Council opts to contract prosecution services
Persuaded that experience counts when
it comes to legal services, the Whitefish City Council voted 4-2 on
Feb. 22 to approve a two-year contract extension with the Hedman
Hileman LaCosta law firm to provide prosecution services.
Councilors John Muhl-feld and Ryan
Friel voted in opposition, saying they’d prefer to see the city
move to an in-house prosecutor.
The contract is capped at $90,000 for
legal services with $3,600 added for ancillary costs. The figure
matched an estimated in-house cost calculated by city manager Chuck
Stearns.
Clif Hayden, the city’s chief
prosecutor, and Caleb Simpson, who joined the firm last year after
three years at the Flathead County Attorney’s Office, met with the
council earlier in a Feb. 7 work session. Hayden said that was the
first time he could recall the council ever reviewing the
prosecution contract.
Circumstances have changed over the
years, Hayden pointed out at the work session. Whitefish Lake
lakeshore violations are now handled by another law firm, and the
city recently established civil penalties as a way to pursue
misdemeanor violations without filing criminal charges.

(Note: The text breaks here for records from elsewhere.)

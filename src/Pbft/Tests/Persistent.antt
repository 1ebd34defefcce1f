-- ===== src/Pbft/Tests/Persistent.antt =====
-- An operation in the storage of a node that is alone in its swarm: it goes to the commit stage.
use bluzelle.Base.{ℕ, ◌≡◌, refl, true, [], Option, none, some, length, arith}
use bluzelle.Bytes.{Bytes, bytes, bytes_lt, bytes_eq}
use bluzelle.Bytes.Order.{bytes_ordered}
use bluzelle.Map.{lookup, insert}
use bluzelle.Storage
use bluzelle.Storage.{MemStorage}
use bluzelle.Storage.Range
use bluzelle.Pbft.Operation.{Payload, Envelope, MsgType, Stage}
use bluzelle.Pbft.Quorum.{honest_majority_size, faulty_nodes_bound}
use bluzelle.Pbft.Service.{to_string, digits}
use bluzelle.Pbft.Stored.{
  padded, generate_prefix, generate_key, well_formed, parse_prefix, stoul, skip_spaces, read_signed,
  read_digits, leading,
}
use bluzelle.Pbft.Stored.Prefix.{parse_prefix-generate_prefix}
use bluzelle.Pbft.Persistent.{
  Encoding, PersistentOperation, new_operation, record_pbft_msg, record_request,
  advance_operation_stage, is_ready_for_commit, is_preprepared, has_request, load_transient_request,
  senders_count, get_stage, increment_prefix, fields,
}

-- The hash has the separator in it.
parse_prefix-generate_prefix_example :
    parse_prefix (generate_prefix 3 41 (bytes "a_b")) ≡ well_formed 3 41 (bytes "a_b")
parse_prefix-generate_prefix_example =
    parse_prefix-generate_prefix 3 41 (bytes "a_b") (omega arith) (omega arith)

abbrev envelope : Bytes → Envelope
envelope text = record {
  sender = bytes "a";
  payload = Payload.database_msg text;
  signature = [];
  timestamp = 0;
}

-- The text of an envelope is that of its request.
abbrev enc : Encoding ℕ ℕ
enc = record {
  no_db = 0;
  no_config = 0;
  serialize = λ e. elim e.payload [ Payload.database_msg t ↦ t | _ ↦ [] ];
  parse_envelope = λ t. (envelope t, true);
  parse_db = λ t. length t;
  parse_config = λ t. length t;
}

abbrev or_empty : {A : Type 0} → Option (MemStorage × A) → MemStorage
or_empty none = Storage.empty
or_empty (some r) = r.0

abbrev or_same : MemStorage → Option MemStorage → MemStorage
or_same s none = s
or_same s (some t) = t

abbrev operation : PersistentOperation ℕ ℕ
operation = fields enc 1 5 (bytes "h")

abbrev begun : MemStorage
begun = or_empty (new_operation enc 1 5 (bytes "h") Storage.empty)

abbrev preprepared : MemStorage
preprepared =
    or_same begun (record_pbft_msg enc MsgType.preprepare (envelope (bytes "p")) operation begun)

abbrev voted : MemStorage
voted =
    or_same preprepared
      (record_pbft_msg enc MsgType.prepare (envelope (bytes "v")) operation preprepared)

abbrev ready : MemStorage
ready = or_empty (record_request enc (envelope (bytes "r")) voted operation)

abbrev moved : MemStorage
moved = or_same ready (advance_operation_stage enc 1 Stage.commit operation ready)

moved_to_commit : advance_operation_stage enc 1 Stage.commit operation ready ≡ some moved
unfolding new_operation record_pbft_msg record_request advance_operation_stage is_ready_for_commit
    is_preprepared has_request load_transient_request senders_count get_stage increment_prefix
    to_string digits generate_prefix generate_key padded stoul skip_spaces read_signed read_digits
    leading Storage.create Storage.read Storage.update Storage.add_record Storage.replace_record
    Storage.add32 Storage.sub32 Range.get_keys_if Range.do_if Range.do_until Range.lower_bound
    lookup insert bytes_lt bytes_eq honest_majority_size faulty_nodes_bound bluzelle.Policy.sub64
moved_to_commit = refl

Simpson noted that people charged with
a crime mount a more vigorous defense than in the past because of
the impact criminal records have on employment and crossing the
Canada border.
The state’s public defender system has
also brought young attorneys with good ideas into municipal court,
driving up prosecution costs.
As a result, according to the law
firm’s figures, prosecution costs from 2009 to 2010 increased 30
percent to $75,583, while paralegal costs increased 14 percent to
$44,134.
With resort tax cases and other civil
cases, the total reached $130,327 for 2010, a 24 percent increase
from 2009 to 2010.
Hayden said he only charges the city
about half his normal hourly rate and does much of the work pro
bono because he enjoys it. Hedman Hileman & Lacosta also
benefits by using city prosecution as a training ground for new
lawyers.
The law firm provides 80 years of
collective experience, he said, noting that 95 percent of criminal
cases plead out rather than go to trial, a point backed up by
police chief Bill Dial. The chief called the city’s civil and
criminal attorneys’ service “the best in the state.”